**WHAT TO PRODUCE:** Exactly as written, copy the lines of the data below from the first through the one containing "update_fault = λ ps t. none;".

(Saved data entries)
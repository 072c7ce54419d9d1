-- ===== src/Inventory/Tests.antt =====
-- The theorems on the inventory service at concrete tables, and runs of the model.
mod Queries
use mathlib.Core.List.Permᴰ
use rocket_factory.Prelude.{
  String, ◌≡◌, refl, Option, none, some, [], ◌∷◌, arith, str_eq, if◌then◌else◌, ok, TxManager,
  direct_tx,
}
use rocket_factory.Prelude.Int.{ℤ, pos, ◌+ℤ◌, ◌-ℤ◌, ◌<ℤ◌}
use rocket_factory.Inventory.Errors.{Error}
use rocket_factory.Inventory.Properties.{
  no_properties, new_engine_properties, engine_class_is_valid, new_part_type, new_hull_properties,
}
use rocket_factory.Inventory.Part
use rocket_factory.Inventory.Part.{Part}
use rocket_factory.Inventory.Part.Stock.{IsStocked, release-reserve, commit-reserve}
use rocket_factory.Inventory.Record.{PartRecord, PartPropertiesRecord, part_properties_from_record}
use rocket_factory.Inventory.Repository.{
  Table, Postgres, list_for_update, list_parts, map_and_order, build_list_query,
  update_reserved_batch, rows_affected, update_rows,
}
use rocket_factory.Inventory.Service.{reserve, release, commit}
use rocket_factory.Inventory.Service.Rows.{IsStockedTable}
use rocket_factory.Inventory.Service.Reservation.{
  KeepsStock, Changed, stock_invariant, reserve_effect, release_effect, commit_effect,
}

abbrev pub unmarshal : String → Option PartPropertiesRecord
unmarshal s =
    if str_eq s "hull"
    then some (record {
      hull = some (record { strength = pos 50 });
      engine = none;
      shield = none;
      weapon = none;
    })
    else if str_eq s "engine"
    then some (record {
      hull = none;
      engine = some (record { class = "C"; required_strength = pos 30 });
      shield = none;
      weapon = none;
    })
    else none

-- A database without faults.
abbrev pub quiet_db : Postgres
quiet_db = record {
  select_fault = λ q t. none;
  get_fault = λ u t. none;
  update_fault = λ ps t. none;
  arrange = λ o rows. rows;
  arrange_perm = λ o rows. Permᴰ.refl rows;
}

abbrev pub tx : TxManager Error Table (Unit {0})
tx = direct_tx

abbrev pub hull_row : ℤ → ℤ → PartRecord
hull_row stock taken = record {
  uuid = 1;
  name = "Aluminium hull";
  description = "";
  part_type = "HULL";
  price = pos 500000;
  stock_quantity = stock;
  reserved = taken;
  properties = "hull";
  created_at = pos 0;
}

abbrev pub engine_row : ℤ → ℤ → PartRecord
engine_row stock taken = record {
  uuid = 2;
  name = "Ion engine C";
  description = "";
  part_type = "ENGINE";
  price = pos 300000;
  stock_quantity = stock;
  reserved = taken;
  properties = "engine";
  created_at = pos 0;
}

abbrev pub table : ℤ → ℤ → Table
table h e = hull_row (pos 10) h ∷ engine_row (pos 8) e ∷ []

table-IsStockedTable : IsStockedTable (table (pos 3) (pos 0))
table-IsStockedTable = ground arith

-- What a run of the service computes with.
machinery : Unit {0}
unfolding list_for_update list_parts map_and_order build_list_query part_properties_from_record
    new_engine_properties engine_class_is_valid new_part_type new_hull_properties Part.reserve
    Part.release Part.commit update_reserved_batch rows_affected update_rows reserve release commit
machinery = tt

reserve_run :
    reserve unmarshal quiet_db tx (2 ∷ 1 ∷ []) (table (pos 3) (pos 0), tt)
    ≡ (ok tt, (table (pos 4) (pos 1), tt))
unfolding machinery
reserve_run = refl

abbrev reserved_one : PartRecord → PartRecord
reserved_one r = record r { reserved = r.reserved +ℤ pos 1 }

abbrev released_one : PartRecord → PartRecord
released_one r = record r { reserved = r.reserved -ℤ pos 1 }

abbrev committed_one : PartRecord → PartRecord
committed_one r = record r {
  reserved = r.reserved -ℤ pos 1;
  stock_quantity = r.stock_quantity -ℤ pos 1;
}

stock_invariant_example :
    KeepsStock (reserve unmarshal quiet_db tx (1 ∷ []))
    × KeepsStock (release unmarshal quiet_db tx (1 ∷ []))
    × KeepsStock (commit unmarshal quiet_db tx (1 ∷ []))
stock_invariant_example = stock_invariant unmarshal quiet_db tx (1 ∷ [])

reserve_effect_example :
    Changed
      (2 ∷ 1 ∷ [])
      reserved_one
      (λ r. r.reserved <ℤ r.stock_quantity)
      (table (pos 3) (pos 0))
      (table (pos 4) (pos 1))
reserve_effect_example =
    reserve_effect unmarshal quiet_db tx (2 ∷ 1 ∷ []) (table (pos 3) (pos 0))
      (table (pos 4) (pos 1)) tt tt table-IsStockedTable reserve_run

release_run :
    release unmarshal quiet_db tx (1 ∷ []) (table (pos 3) (pos 0), tt)
    ≡ (ok tt, (table (pos 2) (pos 0), tt))
unfolding machinery
release_run = refl

release_effect_example :
    Changed
      (1 ∷ [])
      released_one
      (λ r. pos 0 <ℤ r.reserved)
      (table (pos 3) (pos 0))
      (table (pos 2) (pos 0))
release_effect_example =
    release_effect unmarshal quiet_db tx (1 ∷ []) (table (pos 3) (pos 0)) (table (pos 2) (pos 0)) tt
      tt table-IsStockedTable release_run

abbrev after_commit : Table
after_commit = hull_row (pos 9) (pos 2) ∷ engine_row (pos 8) (pos 0) ∷ []

commit_run :
    commit unmarshal quiet_db tx (1 ∷ []) (table (pos 3) (pos 0), tt) ≡ (ok tt, (after_commit, tt))
unfolding machinery
commit_run = refl

commit_effect_example :
    Changed (1 ∷ []) committed_one (λ r. pos 0 <ℤ r.reserved) (table (pos 3) (pos 0)) after_commit
commit_effect_example =
    commit_effect unmarshal quiet_db tx (1 ∷ []) (table (pos 3) (pos 0)) after_commit tt tt
      table-IsStockedTable commit_run

abbrev hull_part : Part
hull_part = record {
  uuid = 1;
  name = "Aluminium hull";
  description = "";
  part_type = "HULL";
  price = pos 500000;
  stock_quantity = pos 10;
  reserved = pos 3;
  properties = record no_properties { hull = some (record { strength = pos 50 }) };
  created_at = pos 0;
}

hull_part-IsStocked : IsStocked hull_part
hull_part-IsStocked = ground arith

reserve_part_run : Part.reserve hull_part ≡ ok (record hull_part { reserved = pos 4 })
unfolding Part.reserve
reserve_part_run = refl
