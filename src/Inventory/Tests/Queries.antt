-- ===== src/Inventory/Tests/Queries.antt =====
-- The theorems on listings, compatibility checks and handlers of the inventory at concrete tables.
use rocket_factory.Prelude.{
  ◌≡◌, ◌↔◌, refl, none, some, [], ◌∷◌, arith, ok, err, map_result, if◌then◌else◌, ◌&&◌, true,
}
use rocket_factory.Prelude.Int.{pos}
use rocket_factory.Prelude.Counting.{is_distinct, all_in}
use rocket_factory.Inventory.Errors.{part_not_found}
use rocket_factory.Inventory.Properties.{
  HullProperties, EngineProperties, no_properties, new_engine_properties, engine_class_is_valid,
  new_part_type, new_hull_properties, can_support, conflicts_with,
}
use rocket_factory.Inventory.Record.{PartPropertiesRecord, part_properties_from_record}
use rocket_factory.Inventory.Repository
use rocket_factory.Inventory.Repository.{
  Table, list_parts, map_and_order, build_list_query, index, pick, by_name,
}
use rocket_factory.Inventory.Repository.Selection.{row_ids}
use rocket_factory.Inventory.Repository.Listing.{fetch, list_query, unless_fault, list_parts-eq}
use rocket_factory.Inventory.Compatibility.{
  ShipSlots, ResolvedShipSlots, check, zero_part, collect_uuids, validate_duplicate_uuids,
  check_seen, by_uuid_from, fill_slots,
}
use rocket_factory.Inventory.Compatibility.Check.{IsCompatible, check-IsCompatible}
use rocket_factory.Inventory.Compatibility.Resolve.{resolve_ship_slots, validate_compatibility}
use rocket_factory.Inventory.Compatibility.Outcome.{IsApproved, validate_compatibility-IsApproved}
use rocket_factory.Inventory.Tests.{unmarshal, quiet_db, table}

abbrev two : Table
two = table (pos 3) (pos 0)

abbrev slots : ShipSlots
slots = record { hull_uuid = 1; engine_uuid = 2; shield_uuid = 0; weapon_uuid = 0 }

-- What a run of the compatibility check computes with.
machinery : Unit {0}
unfolding validate_compatibility resolve_ship_slots Repository.list list_parts map_and_order index
    pick build_list_query part_properties_from_record new_engine_properties engine_class_is_valid
    new_part_type new_hull_properties check can_support conflicts_with collect_uuids
    validate_duplicate_uuids check_seen by_uuid_from fill_slots
machinery = tt

validate_run : validate_compatibility unmarshal quiet_db slots (two, tt) ≡ (ok tt, (two, tt))
unfolding machinery
validate_run = refl

validate_compatibility-IsApproved_example :
    IsApproved unmarshal two slots × ◌≡◌ {A = Table × Unit {0}} (two, tt) (two, tt)
validate_compatibility-IsApproved_example =
    validate_compatibility-IsApproved unmarshal quiet_db slots two tt (ground arith) validate_run

abbrev strong : HullProperties
strong = record { strength = pos 50 }

abbrev light : EngineProperties
light = record { class = "C"; required_strength = pos 30 }

abbrev fitted : ResolvedShipSlots
fitted = record {
  hull = record zero_part { properties = record no_properties { hull = some strong } };
  engine = record zero_part { properties = record no_properties { engine = some light } };
  shield = none;
  weapon = none;
}

check-IsCompatible_example : (check fitted ≡ ok tt) ↔ IsCompatible strong light none none
check-IsCompatible_example = check-IsCompatible fitted strong light refl refl

list_parts-eq_example :
    list_parts unmarshal quiet_db (record { uuids = 2 ∷ 1 ∷ []; part_type = "" }) true (two, tt) ≡ (
      unless_fault (quiet_db.select_fault (list_query (2 ∷ 1 ∷ []) true) two) (
          if is_distinct (2 ∷ 1 ∷ []) && all_in (2 ∷ 1 ∷ []) (row_ids two)
          then map_result (fetch unmarshal two) (2 ∷ 1 ∷ [])
          else err part_not_found),
      (two, tt),
    )
list_parts-eq_example =
    list_parts-eq unmarshal two quiet_db (2 ∷ 1 ∷ []) "" true tt refl (ground arith)

abbrev hull_record : PartPropertiesRecord
hull_record = record {
  hull = some (record { strength = pos 50 });
  engine = none;
  shield = none;
  weapon = none;
}

hull_properties_run :
    part_properties_from_record hull_record ≡ ok (record no_properties { hull = some strong })
unfolding machinery
hull_properties_run = refl
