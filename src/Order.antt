-- ===== src/Order.antt =====
-- The order service (order/internal).
pub mod Messages
pub mod Errors
pub mod Model
pub mod Record
pub mod Repository
pub mod Service
pub mod Consumer
pub mod Clients
pub mod Api
pub mod Http
pub mod Tracing
pub mod System
pub mod Tests
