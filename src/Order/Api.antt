-- ===== src/Order/Api.antt =====
-- The HTTP handlers of the order service (order/internal/api/order): converters, the DTO of an order,
-- and the mapping of errors to HTTP statuses. The OpenAPI enums are strings.
pub mod Answers
use rocket_factory.Prelude.{
  ℕ, String, ◌≡◌, refl, ◌==◌, Bool, true, Option, none, some, List, [], ◌∷◌, str_eq, if◌then◌else◌,
  Result, ok, err, panic, TxManager, UuidCodec,
}
use rocket_factory.Prelude.Int.{ℤ}
use rocket_factory.Prelude.Action
use rocket_factory.Prelude.Action.{Action, pure}
use rocket_factory.Order.Errors.{
  Error, bad_request, order_not_found, part_not_found, unauthorized, invalid_order_status,
  incompatible_parts, out_of_stock, invalid_uuid, payment_failed, part_type_mismatch,
  invalid_payment_method, internal_error, other,
}
use rocket_factory.Order.Model.{
  Order, OrderItem, OrderParts, total_price, pending_payment, paid, cancelled, assembled,
  part_type_hull, part_type_engine, part_type_shield, part_type_weapon, method_card, method_sbp,
  method_credit_card, method_investor_money, method_unspecified,
}
use rocket_factory.Order.Repository.{Db, Postgres}
use rocket_factory.Order.Service
use rocket_factory.Order.Service.{Externals, Captured}

abbrev one_of_the_methods : String → Option String
one_of_the_methods m =
    if str_eq m method_card
    then some "CARD"
    else if str_eq m method_sbp
    then some "SBP"
    else if str_eq m method_credit_card
    then some "CREDIT_CARD"
    else if str_eq m method_investor_money
    then some "INVESTOR_MONEY"
    else none

-- PaymentMethodFromModelToApi; OptNilPaymentMethodFromPtr only wraps its result.
unfoldable pub payment_method_from_model_to_api : Option String → Option String
payment_method_from_model_to_api none = none
payment_method_from_model_to_api (some m) = one_of_the_methods m

-- PaymentMethodFromApiToModel
unfoldable pub payment_method_from_api_to_model : String → String
payment_method_from_api_to_model pm =
    if str_eq pm "CARD"
    then method_card
    else if str_eq pm "SBP"
    then method_sbp
    else if str_eq pm "CREDIT_CARD"
    then method_credit_card
    else if str_eq pm "INVESTOR_MONEY"
    then method_investor_money
    else method_unspecified

-- OrderStatusFromModelToApi
unfoldable pub order_status_from_model_to_api : String → String
order_status_from_model_to_api s =
    if str_eq s pending_payment
    then "PENDING_PAYMENT"
    else if str_eq s paid
    then "PAID"
    else if str_eq s cancelled
    then "CANCELLED"
    else if str_eq s assembled
    then "ASSEMBLED"
    else ""

-- A round of the loop of getOrderItemByType.
abbrev pub add_item : OrderItem → OrderParts → OrderParts
add_item item parts =
    if str_eq item.part_type part_type_hull
    then record parts { hull_uuid = item.uuid }
    else if str_eq item.part_type part_type_engine
    then record parts { engine_uuid = item.uuid }
    else if str_eq item.part_type part_type_shield
    then record parts { shield_uuid = some item.uuid }
    else if str_eq item.part_type part_type_weapon
    then record parts { weapon_uuid = some item.uuid }
    else parts

unfoldable pub add_items : List OrderItem → OrderParts → OrderParts
add_items [] parts = parts
add_items (item ∷ items) parts = add_items items (add_item item parts)

-- getOrderItemByType
unfoldable pub get_order_item_by_type : List OrderItem → OrderParts
unfolding add_items
get_order_item_by_type items =
    add_items items
      (record { hull_uuid = 0; engine_uuid = 0; shield_uuid = none; weapon_uuid = none })

-- OrderDto
pub record OrderDto : Type 0 where
  pub user_uuid : ℕ
  pub order_uuid : ℕ
  pub hull_uuid : ℕ
  pub engine_uuid : ℕ
  pub shield_uuid : Option ℕ
  pub weapon_uuid : Option ℕ
  pub total : ℤ
  pub transaction_uuid : Option ℕ
  pub payment_method : Option String
  pub order_status : String
  pub created_at : ℤ

-- The answers of GetOrder.
pub data GetOrderRes : Type 0 where
  found : OrderDto → GetOrderRes
  get_not_found get_failed : GetOrderRes

unfoldable pub order_dto : Order → OrderDto
unfolding get_order_item_by_type payment_method_from_model_to_api order_status_from_model_to_api
    total_price
order_dto o =
    let parts = get_order_item_by_type o.items in
    record {
      user_uuid = o.user_uuid;
      order_uuid = o.uuid;
      hull_uuid = parts.hull_uuid;
      engine_uuid = parts.engine_uuid;
      shield_uuid = parts.shield_uuid;
      weapon_uuid = parts.weapon_uuid;
      total = total_price o;
      transaction_uuid = o.transaction_uuid;
      payment_method = payment_method_from_model_to_api o.payment_method;
      order_status = order_status_from_model_to_api o.status;
      created_at = o.created_at;
    }

abbrev pub get_answer : {W : Type 0} → Result Error Order × W → Result Error GetOrderRes × W
get_answer (ok o, w) = (ok (found (order_dto o)), w)
get_answer (err order_not_found, w) = (ok get_not_found, w)
get_answer (err e, w) = (ok get_failed, w)
get_answer (panic, w) = (panic, w)

module _ (db : Postgres) {X : Type 0} (ext : Externals X) where
  -- GetOrder
  unfoldable pub get_order : ℕ → Action Error (Db × X) GetOrderRes
  unfolding order_dto
  get_order order_uuid w = get_answer (Service.get db ext order_uuid w)

  -- CreateOrder, on the request's four identifiers: the order's identifier and its total price.
  unfoldable pub create_order :
      TxManager Error Db X → Option ℕ → ℕ → ℤ → OrderParts → Action Error (Db × X) (ℕ × ℤ)
  unfolding total_price
  create_order tx user order_uuid now order_parts =
      Action.◌>>=◌ (Service.create db ext tx user order_uuid now order_parts)
        λ order. pure (order.uuid, total_price order)

  -- CancelOrder
  unfoldable pub cancel_order : TxManager Error Db X → ℤ → ℕ → Action Error (Db × X) (Unit {0})
  cancel_order tx now order_uuid = Service.cancel db ext tx now order_uuid

  -- PayOrder
  unfoldable pub pay_order :
      UuidCodec → TxManager Error Db (Captured × X) → ℤ → ℕ → String → Action Error (Db × X) ℕ
  unfolding payment_method_from_api_to_model
  pay_order codec tx now order_uuid pm =
      Service.pay db ext codec tx now order_uuid (payment_method_from_api_to_model pm)

-- The status of mapError.
unfoldable pub map_error : Error → ℕ
map_error bad_request = 400
map_error order_not_found = 404
map_error part_not_found = 404
map_error unauthorized = 401
map_error invalid_order_status = 409
map_error incompatible_parts = 409
map_error out_of_stock = 409
map_error invalid_uuid = 400
map_error payment_failed = 400
map_error part_type_mismatch = 400
map_error invalid_payment_method = 400
map_error internal_error = 500
map_error other = 500

-- errorResponse
pub record ErrorResponse : Type 0 where
  pub code : ℕ
  pub message : String

-- A response, as ErrorHandler writes it; there is no body where its encoding failed.
pub record Response : Type 0 where
  pub content_type : String
  pub status : ℕ
  pub body : Option ErrorResponse

-- `text` is the text of an error.
module _ (text : Error → String) where
  -- The message of mapError.
  unfoldable pub error_message : Error → String
  error_message internal_error = "internal error"
  error_message other = "internal error"
  error_message e = text e

  -- ErrorHandler, where the encoder may fail.
  unfoldable pub error_handler : Bool → Error → Response
  unfolding map_error error_message
  error_handler encodes e = record {
    content_type = "application/json";
    status = map_error e;
    body =
        if encodes then some (record { code = map_error e; message = error_message e }) else none;
  }

  -- A response of the error handler has the status of its error in the body too, and it shows the text
  -- of the error exactly where that status is not 500.
  pub error_handler-message :
      (e : Error)
      → (error_handler true e).body
        ≡ some (record {
          code = (error_handler true e).status;
          message = if (error_handler true e).status == 500 then "internal error" else text e;
        })
  unfolding error_handler map_error error_message
  error_handler-message bad_request = refl
  error_handler-message order_not_found = refl
  error_handler-message part_not_found = refl
  error_handler-message unauthorized = refl
  error_handler-message invalid_order_status = refl
  error_handler-message incompatible_parts = refl
  error_handler-message out_of_stock = refl
  error_handler-message invalid_uuid = refl
  error_handler-message payment_failed = refl
  error_handler-message part_type_mismatch = refl
  error_handler-message invalid_payment_method = refl
  error_handler-message internal_error = refl
  error_handler-message other = refl
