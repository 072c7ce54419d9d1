-- ===== src/Order/Api/Answers.antt =====
-- What the answers of the HTTP handlers say (order/internal/api/order).
use rocket_factory.Prelude.{
  ℕ, String, ◌≡◌, ◌⊎◌, refl, sym, ◌∙◌, ap, Option, none, some, List, [], ◌∷◌, str_eq, eq_iff, arith,
  if◌then◌else◌, Bool-cases, true, inl, inr,
}
use rocket_factory.Order.Model.{
  OrderItem, OrderParts, part_type_hull, part_type_engine, part_type_shield, part_type_weapon,
  method_unspecified,
}
use rocket_factory.Order.Record.{OrderRecord}
use rocket_factory.Order.Service.Lifecycle.{Stage, in_pending, in_cancelled, in_paid, in_assembled}
use rocket_factory.Order.Api.{
  payment_method_from_model_to_api, payment_method_from_api_to_model,
  order_status_from_model_to_api, add_items, get_order_item_by_type,
}

-- A method that a client names comes back under that name, or it is the unspecified method to the
-- service.
pub payment_method_from_api_to_model-payment_method_from_model_to_api :
    (pm : String)
    → (payment_method_from_model_to_api (some (payment_method_from_api_to_model pm)) ≡ some pm)
      ⊎ (payment_method_from_api_to_model pm ≡ method_unspecified)
unfolding payment_method_from_api_to_model payment_method_from_model_to_api
payment_method_from_api_to_model-payment_method_from_model_to_api pm =
    elim (Bool-cases (str_eq pm "CARD")) [
      | inl e ↦ inl (rw e (ap some (sym (same "CARD" e))))
      | inr e1 ↦ elim (Bool-cases (str_eq pm "SBP")) [
        | inl e ↦ inl (rw (e1, e) (ap some (sym (same "SBP" e))))
        | inr e2 ↦ elim (Bool-cases (str_eq pm "CREDIT_CARD")) [
          | inl e ↦ inl (rw (e1, e2, e) (ap some (sym (same "CREDIT_CARD" e))))
          | inr e3 ↦ elim (Bool-cases (str_eq pm "INVESTOR_MONEY")) [
            | inl e ↦ inl (rw (e1, e2, e3, e) (ap some (sym (same "INVESTOR_MONEY" e))))
            | inr e4 ↦ inr (rw (e1, e2, e3, e4) refl)
          ]
        ]
      ]
    ]
  where
    same : (t : String) → str_eq pm t ≡ true → pm ≡ t
    same t e = ground (arith, e, eq_iff pm t)

-- The status of an order in any of the four states reaches the client as it is.
pub order_status_from_model_to_api-Stage :
    (r : OrderRecord) → Stage r → order_status_from_model_to_api r.status ≡ r.status
unfolding order_status_from_model_to_api
order_status_from_model_to_api-Stage r (in_pending s t m) = rw s refl
order_status_from_model_to_api-Stage r (in_cancelled s t m) = rw s refl
order_status_from_model_to_api-Stage r (in_paid s t m a b c) = rw s refl
order_status_from_model_to_api-Stage r (in_assembled s) = rw s refl

-- The identifier of the last item of a type.
abbrev pub later_or : Option ℕ → Option ℕ → Option ℕ
later_or none o = o
later_or (some u) o = some u

abbrev pub last_of : String → List OrderItem → Option ℕ
last_of t [] = none
last_of t (i ∷ is) = later_or (last_of t is) (if str_eq i.part_type t then some i.uuid else none)

abbrev pub or_else : Option ℕ → ℕ → ℕ
or_else none n = n
or_else (some u) n = u

or_else-later_or : (o : Option ℕ) (u n : ℕ) → or_else (later_or o (some u)) n ≡ or_else o u
or_else-later_or none u n = refl
or_else-later_or (some v) u n = refl

later_or-some : (o p : Option ℕ) (u : ℕ) → later_or (later_or o (some u)) p ≡ later_or o (some u)
later_or-some none p u = refl
later_or-some (some v) p u = refl

later_or-none : (o : Option ℕ) → later_or o none ≡ o
later_or-none none = refl
later_or-none (some v) = refl

add_items-eq :
    (items : List OrderItem) (p : OrderParts)
    → add_items items p ≡ record {
      hull_uuid = or_else (last_of part_type_hull items) p.hull_uuid;
      engine_uuid = or_else (last_of part_type_engine items) p.engine_uuid;
      shield_uuid = later_or (last_of part_type_shield items) p.shield_uuid;
      weapon_uuid = later_or (last_of part_type_weapon items) p.weapon_uuid;
    }
unfolding add_items
add_items-eq [] p = refl
add_items-eq (i ∷ is) p = elim (Bool-cases (str_eq i.part_type part_type_hull)) [
  | inl e ↦
      let t : i.part_type ≡ part_type_hull = ground (arith, e, eq_iff i.part_type part_type_hull) in
      rw t (
        add_items-eq is (record p { hull_uuid = i.uuid })
        ∙ cc (
          or_else-later_or (last_of part_type_hull is) i.uuid p.hull_uuid,
          later_or-none (last_of part_type_engine is),
          later_or-none (last_of part_type_shield is),
          later_or-none (last_of part_type_weapon is),
        ))
  | inr e1 ↦ elim (Bool-cases (str_eq i.part_type part_type_engine)) [
    | inl e ↦
        let t : i.part_type ≡ part_type_engine =
          ground (arith, e, eq_iff i.part_type part_type_engine) in
        rw t (
          add_items-eq is (record p { engine_uuid = i.uuid })
          ∙ cc (
            later_or-none (last_of part_type_hull is),
            or_else-later_or (last_of part_type_engine is) i.uuid p.engine_uuid,
            later_or-none (last_of part_type_shield is),
            later_or-none (last_of part_type_weapon is),
          ))
    | inr e2 ↦ elim (Bool-cases (str_eq i.part_type part_type_shield)) [
      | inl e ↦
          let t : i.part_type ≡ part_type_shield =
            ground (arith, e, eq_iff i.part_type part_type_shield) in
          rw t (
            add_items-eq is (record p { shield_uuid = some i.uuid })
            ∙ cc (
              later_or-none (last_of part_type_hull is),
              later_or-none (last_of part_type_engine is),
              later_or-some (last_of part_type_shield is) p.shield_uuid i.uuid,
              later_or-none (last_of part_type_weapon is),
            ))
      | inr e3 ↦ elim (Bool-cases (str_eq i.part_type part_type_weapon)) [
        | inl e ↦
            let t : i.part_type ≡ part_type_weapon =
              ground (arith, e, eq_iff i.part_type part_type_weapon) in
            rw t (
              add_items-eq is (record p { weapon_uuid = some i.uuid })
              ∙ cc (
                later_or-none (last_of part_type_hull is),
                later_or-none (last_of part_type_engine is),
                later_or-none (last_of part_type_shield is),
                later_or-some (last_of part_type_weapon is) p.weapon_uuid i.uuid,
              ))
        | inr e4 ↦
            rw (e1, e2, e3, e4)
              (add_items-eq is p
                ∙ cc (
                  later_or-none (last_of part_type_hull is),
                  later_or-none (last_of part_type_engine is),
                  later_or-none (last_of part_type_shield is),
                  later_or-none (last_of part_type_weapon is),
                ))
      ]
    ]
  ]
]

-- The slots of the DTO are the last item of each type, and the nil identifier or nothing for a
-- type that no item has.
pub get_order_item_by_type-eq :
    (items : List OrderItem)
    → get_order_item_by_type items ≡ record {
      hull_uuid = or_else (last_of part_type_hull items) 0;
      engine_uuid = or_else (last_of part_type_engine items) 0;
      shield_uuid = later_or (last_of part_type_shield items) none;
      weapon_uuid = later_or (last_of part_type_weapon items) none;
    }
unfolding get_order_item_by_type
get_order_item_by_type-eq items =
    add_items-eq items
      (record { hull_uuid = 0; engine_uuid = 0; shield_uuid = none; weapon_uuid = none })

**EXERCISE OUTPUT:**
repository 072c7ce54419d9d1
-- ===== src/Inventory/Tests.antt =====
-- The theorems on the inventory service at concrete tables, and runs of the model.
mod Queries
use mathlib.Core.List.Permᴰ
use rocket_factory.Prelude.{
  String, ◌≡◌, refl, Option, none, some, [], ◌∷◌, arith, str_eq, if◌then◌else◌, ok, TxManager,
  direct_tx,
}
use rocket_factory.Prelude.Int.{ℤ, pos, ◌+ℤ◌, ◌-ℤ◌, ◌<ℤ◌}
use rocket_factory.Inventory.Errors.{Error}
use rocket_factory.Inventory.Properties.{
  no_properties, new_engine_properties, engine_class_is_valid, new_part_type, new_hull_properties,
}
use rocket_factory.Inventory.Part
use rocket_factory.Inventory.Part.{Part}
use rocket_factory.Inventory.Part.Stock.{IsStocked, release-reserve, commit-reserve}
use rocket_factory.Inventory.Record.{PartRecord, PartPropertiesRecord, part_properties_from_record}
use rocket_factory.Inventory.Repository.{
  Table, Postgres, list_for_update, list_parts, map_and_order, build_list_query,
  update_reserved_batch, rows_affected, update_rows,
}
use rocket_factory.Inventory.Service.{reserve, release, commit}
use rocket_factory.Inventory.Service.Rows.{IsStockedTable}
use rocket_factory.Inventory.Service.Reservation.{
  KeepsStock, Changed, stock_invariant, reserve_effect, release_effect, commit_effect,
}

abbrev pub unmarshal : String → Option PartPropertiesRecord
unmarshal s =
    if str_eq s "hull"
    then some (record {
      hull = some (record { strength = pos 50 });
      engine = none;
      shield = none;
      weapon = none;
    })
    else if str_eq s "engine"
    then some (record {
      hull = none;
      engine = some (record { class = "C"; required_strength = pos 30 });
      shield = none;
      weapon = none;
    })
    else none

-- A database without faults.
abbrev pub quiet_db : Postgres
quiet_db = record {
  select_fault = λ q t. none;
  get_fault = λ u t. none;
  update_fault = λ ps t. none;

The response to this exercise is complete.